Successful entrepreneur: It’s important to learn from failures

Stephen A. Schwarzman, co-founder of the investment firm Blackstone, shared insights on the economy and tips for business owners as part of his Miami Herbert Business School Cobb Leadership Lecture.
Successful entrepreneur: It’s important to learn from failures

More than 1,000 viewers from 35 countries registered for and attended the virtual lecture on Thursday evening featuring Stephen A. Schwarzman, CEO, chairman, and co-founder of the global investment firm Blackstone, who talked about the economy, the role of entrepreneurs, and the current trade relationship between the United States and China.

Part of the University of Miami Patti and Allan Herbert Business School Cobb Leadership Lecture, Schwarzman’s talk addressed questions posed by alumna Alice Vilma and former U.S. Ambassador Charles Cobb, a senior member of the University’s Board of Trustees, whose impressive résumé includes former businessman, entrepreneur, and benefactor of the lecture series.

Schwarzman co-founded Blackstone in 1985 and guided it to its current wealth of close to $600 billion in assets. He is also among the world’s most generous philanthropists, having donated more than $1 billion to transformational projects—especially in education and the arts at several universities.

“I’ve always been motivated seeing the opportunity in something that doesn’t yet exist, seeing it as something big and a powerful idea that’s going to make a change and be remarkable,” said Schwarzman. “I think it’s in my DNA. And if your vision is right, you’re going to make it something wonderful that will excite and recruit people—it’s a virtuous circle.”

Schwarzman’s vision has often proved right: Blackstone is currently the largest owner of property in the world and a global leader and major provider of credit for small, middle-market, and other companies. Most recently, the firm has invested in life sciences, warehousing, and online shopping technologies.

“We’ve taken advantage of changes in society that were happening before COVID-19 and that have now been accelerated,” he said. “It sounds a bit too prescient, but we started 10 years ago selling our shopping centers and purchasing warehouse space, a critical part of the supply chain for online sales.”

Yet his business vision took a while to get focused. Schwarzman shared a range of anecdotes from his 2019 book, “What It Takes: Lessons in the Pursuit of Excellence,” charting the trials and tribulations early in his career. “You fail a bunch, and you have to learn from those failures and face them,” he said. “You can’t make pretend they didn’t happen.”

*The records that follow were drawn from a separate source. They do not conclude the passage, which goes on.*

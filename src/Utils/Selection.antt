-- ===== src/Utils/Selection.antt =====
-- pkg/utils/podman.go: the choice of a machine in `getPv4MachineInfo`, by the flags of the machines.
use podman_bootc.Base.{
  ◌≤◌, Bool, true, false, not, ◌&&◌, ◌≡◌, refl, ap, ◌∙◌, List, [], ◌∷◌, Text, Option, none, some,
  ◌⊎◌, inl, inr, length, Member, here, there, arith, if◌then◌else◌, All,
}
use podman_bootc.Go.Errors.{Error, Result, ok, err, panic}
use podman_bootc.Go.Errors
use podman_bootc.Utils.Machine.{find_default, default_machine_name, named, not_running}
use podman_bootc.World.Calls.{MachineList}

-- A running default machine of the list, with the name.
pub record IsDefault (machines : List MachineList) (name' : Text) : Type 0 where
  pub machine : MachineList
  pub is_listed : Member machine machines
  pub is_running : machine.running ≡ true
  pub is_default : machine.default ≡ true
  pub has_name : machine.name ≡ name'

IsDefault-there :
    {machines : List MachineList} {name' : Text} (m : MachineList)
    → IsDefault machines name'
    → IsDefault (m ∷ machines) name'
IsDefault-there m h = record {
  machine = h.machine;
  is_listed = there h.is_listed;
  is_running = h.is_running;
  is_default = h.is_default;
  has_name = h.has_name;
}

-- One machine, by its flags.
by_flags :
    (x : Error) (d r : Bool) (own : Text) (found : Option Text) (machines : List MachineList)
    (name' : Text)
    → ((f : Option Text)
        → find_default machines f ≡ ok (some name')
        → (f ≡ some name') ⊎ IsDefault machines name')
    → (if d && not r then err x else find_default machines (if d then some own else found))
      ≡ ok (some name')
    → (found ≡ some name') ⊎ (((d ≡ true) × (r ≡ true) × (own ≡ name')) ⊎ IsDefault machines name')
by_flags x true true own found machines name' again e = elim (again (some own) e) [
  | inl same ↦ inr (inl (refl, refl, cc))
  | inr h ↦ inr (inr h)
]
by_flags x true false own found machines name' again e = absurd cc
by_flags x false r own found machines name' again e = elim (again found e) [
  | inl same ↦ inl same
  | inr h ↦ inr (inr h)
]

find_default-found :
    (machines : List MachineList) (found : Option Text) (name' : Text)
    → find_default machines found ≡ ok (some name')
    → (found ≡ some name') ⊎ IsDefault machines name'
unfolding find_default
find_default-found [] found name' e = inl cc
find_default-found (m ∷ machines) found name' e =
    elim (by_flags _ m.default m.running m.name found machines name'
      (λ f. find_default-found machines f name') e) [
        | inl same ↦ inl same
        | inr h ↦ elim h [
          | inl (d, r, n) ↦ inr (record {
            machine = m;
            is_listed = here;
            is_running = r;
            is_default = d;
            has_name = n;
          })
          | inr k ↦ inr (IsDefault-there m k)
        ]
      ]

named-some :
    (r : Result (Option Text)) (name' : Text)
    → (Errors.◌>>=◌ r named ≡ ok name')
    → r ≡ ok (some name')
named-some (ok (some n)) name' e = cc
named-some (ok none) name' e = absurd cc
named-some (err x) name' e = absurd cc
named-some panic name' e = absurd cc

not_none : (name' : Text) → (none ≡ some name') → ⊥
not_none name' e = cc

only_running :
    (m : MachineList) (name' : Text)
    → default_machine_name (m ∷ []) ≡ ok name'
    → (m.running ≡ true) × (m.name ≡ name')
unfolding default_machine_name
only_running m name' e = by_running m.running m.name e
  where
    by_running :
        (r : Bool) (own : Text)
        → (if not r then err not_running else ok own) ≡ ok name'
        → (r ≡ true) × (own ≡ name')
    by_running true own e = (refl, cc)
    by_running false own e = absurd cc

-- For every list of machines and every name: if the code chooses this name, it is that of a machine of
-- the list that runs, and the machine is the only one of the list or is marked as the default.
pub default_machine_name-runs :
    (machines : List MachineList) (name' : Text)
    → default_machine_name machines ≡ ok name'
    → (m : MachineList) × Member m machines
      × (m.running ≡ true)
      × (m.name ≡ name')
      × ((length machines ≡ 1) ⊎ (m.default ≡ true))
unfolding default_machine_name
default_machine_name-runs [] name' e = absurd cc
default_machine_name-runs (m ∷ []) name' e =
    let (r, n) = only_running m name' e in (m, here, r, n, inl refl)
default_machine_name-runs (m ∷ n ∷ machines) name' e =
    elim (find_default-found (m ∷ n ∷ machines) none name' (named-some _ name' e)) [
      | inl absent ↦ absurd (not_none name' absent)
      | inr h ↦ (h.machine, h.is_listed, h.is_running, h.has_name, inr h.is_default)
    ]

-- A machine that runs if it is the default.
abbrev pub RunsIfDefault : MachineList → Type 0
RunsIfDefault m = m.default ≡ true → m.running ≡ true

step_ok :
    (x : Error) (d r : Bool) (own : Text) (found : Option Text) (machines : List MachineList)
    → (d ≡ true → r ≡ true)
    → (if d && not r then err x else find_default machines (if d then some own else found))
      ≡ find_default machines (if d then some own else found)
step_ok x true true own found machines h = refl
step_ok x true false own found machines h = absurd (ground (arith, h))
step_ok x false r own found machines h = refl

some_if : (d : Bool) (own n : Text) → (k : Text) × ((if d then some own else some n) ≡ some k)
some_if true own n = (own, refl)
some_if false own n = (n, refl)

find_default-some :
    (machines : List MachineList) (n : Text)
    → All RunsIfDefault machines
    → (k : Text) × (find_default machines (some n) ≡ ok (some k))
unfolding find_default
find_default-some [] n runs = (n, refl)
find_default-some (m ∷ machines) n runs =
    let (k, e) = some_if m.default m.name n in
    let (r, e') = find_default-some machines k runs.1 in
    (
      r,
      step_ok _ m.default m.running m.name (some n) machines runs.0
          ∙ (ap (find_default machines) e ∙ e'),
    )

find_default-listed :
    (machines : List MachineList) (found : Option Text) (m : MachineList)
    → All RunsIfDefault machines
    → Member m machines
    → m.default ≡ true
    → (k : Text) × (find_default machines found ≡ ok (some k))
unfolding find_default
find_default-listed [] found m runs k d = elim k [ ]
find_default-listed (n ∷ machines) found m runs here d =
    let (r, e) = find_default-some machines m.name runs.1 in
    (
      r,
      step_ok _ m.default m.running m.name found machines runs.0
          ∙ (ap (find_default machines) (rw d refl) ∙ e),
    )
find_default-listed (n ∷ machines) found m runs (there k) d =
    let (r, e) =
      find_default-listed machines (if n.default then some n.name else found) m runs.1 k d in
    (r, step_ok _ n.default n.running n.name found machines runs.0 ∙ e)

-- For every list of at least two machines in which each default machine runs and there is one: the code
-- chooses a machine.
pub default_machine_name-total :
    (machines : List MachineList) (m : MachineList)
    → 2 ≤ length machines
    → All RunsIfDefault machines
    → Member m machines
    → m.default ≡ true
    → (name' : Text) × (default_machine_name machines ≡ ok name')
unfolding default_machine_name
default_machine_name-total [] m h runs k d = absurd (omega arith)
default_machine_name-total (a ∷ []) m h runs k d = absurd (omega arith)
default_machine_name-total (a ∷ b ∷ machines) m h runs k d =
    let (r, e) = find_default-listed (a ∷ b ∷ machines) none m runs k d in (r, rw e refl)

Schwarzman credited his high school track coach with helping to shape his approach to entrepreneurship and to management through rigorous training, fostering teamwork, and with fueling his persistence and stamina.

“Coach Jack Armstrong had a lovely level-headed way of encouraging us, of taking everybody to the limits of their capabilities and treating them with dignity,” said Schwarzman, a sprinter at the time. The team excelled, winning state championships and beyond.

“Being in the hands of somebody who’s truly amazing makes all the difference,” he said. “And when the roles are reversed, and we each go into our own fields of endeavor, then training people, teaching them, and making sure they’re ready is really part of our role as managers and entrepreneurs.”

Cobb, a former undersecretary of commerce, asked if Schwarzman could  be the white knight who might work to resolve the intensified conflict between China and the U.S., the world’s two great economic powers. 

Schwarzman has extensive relations with China through his global philanthropy projects that include the creation of a Rhodes-type scholarship program—the Schwarzman Scholars, at Tsinghua University in Beijing, which serves to educate future leaders about China.

In responding to Cobb, the CEO shared details from several of his conversations with Chinese President Xi Jinping and his role in advising the current U.S. administration. 

“Now the two countries, which together account for 40 percent of the world economy, are in a very bad place over technology and trade, although the trade is not so bad,” Schwarzman said. “I think the Chinese realize now that this is going into a really bad place that’s a bad outcome for them, but also for the world and the U.S. We are going to have to find some solutions, and this is going to have to be addressed and made right in a more serviceable area than we are today.”

In terms of the economic landscape caused by the pandemic, Schwarzman emphasized that the scenario was radically different from anything the country has ever experienced before.   

“Nobody knew what was going to happen, except that it was going to be terrible—it had to be,” he said, adding that without the stimulus packages and the “heroic liquidity injections” of the Federal Reserve Board, we would be facing a depression. 

“To get out of this one and be equitable we’re going to have to find a way to make sure everybody in society is educated,” he said.  

Schwarzman said that real economic adjustments are called for, yet they won’t be easy.

“We’re going to have to make changes to our economy, but it won’t be as simple as you think, because there are forces that don’t want to change,” he said. “Yet they have to change for the goodness and the cohesion of the society.”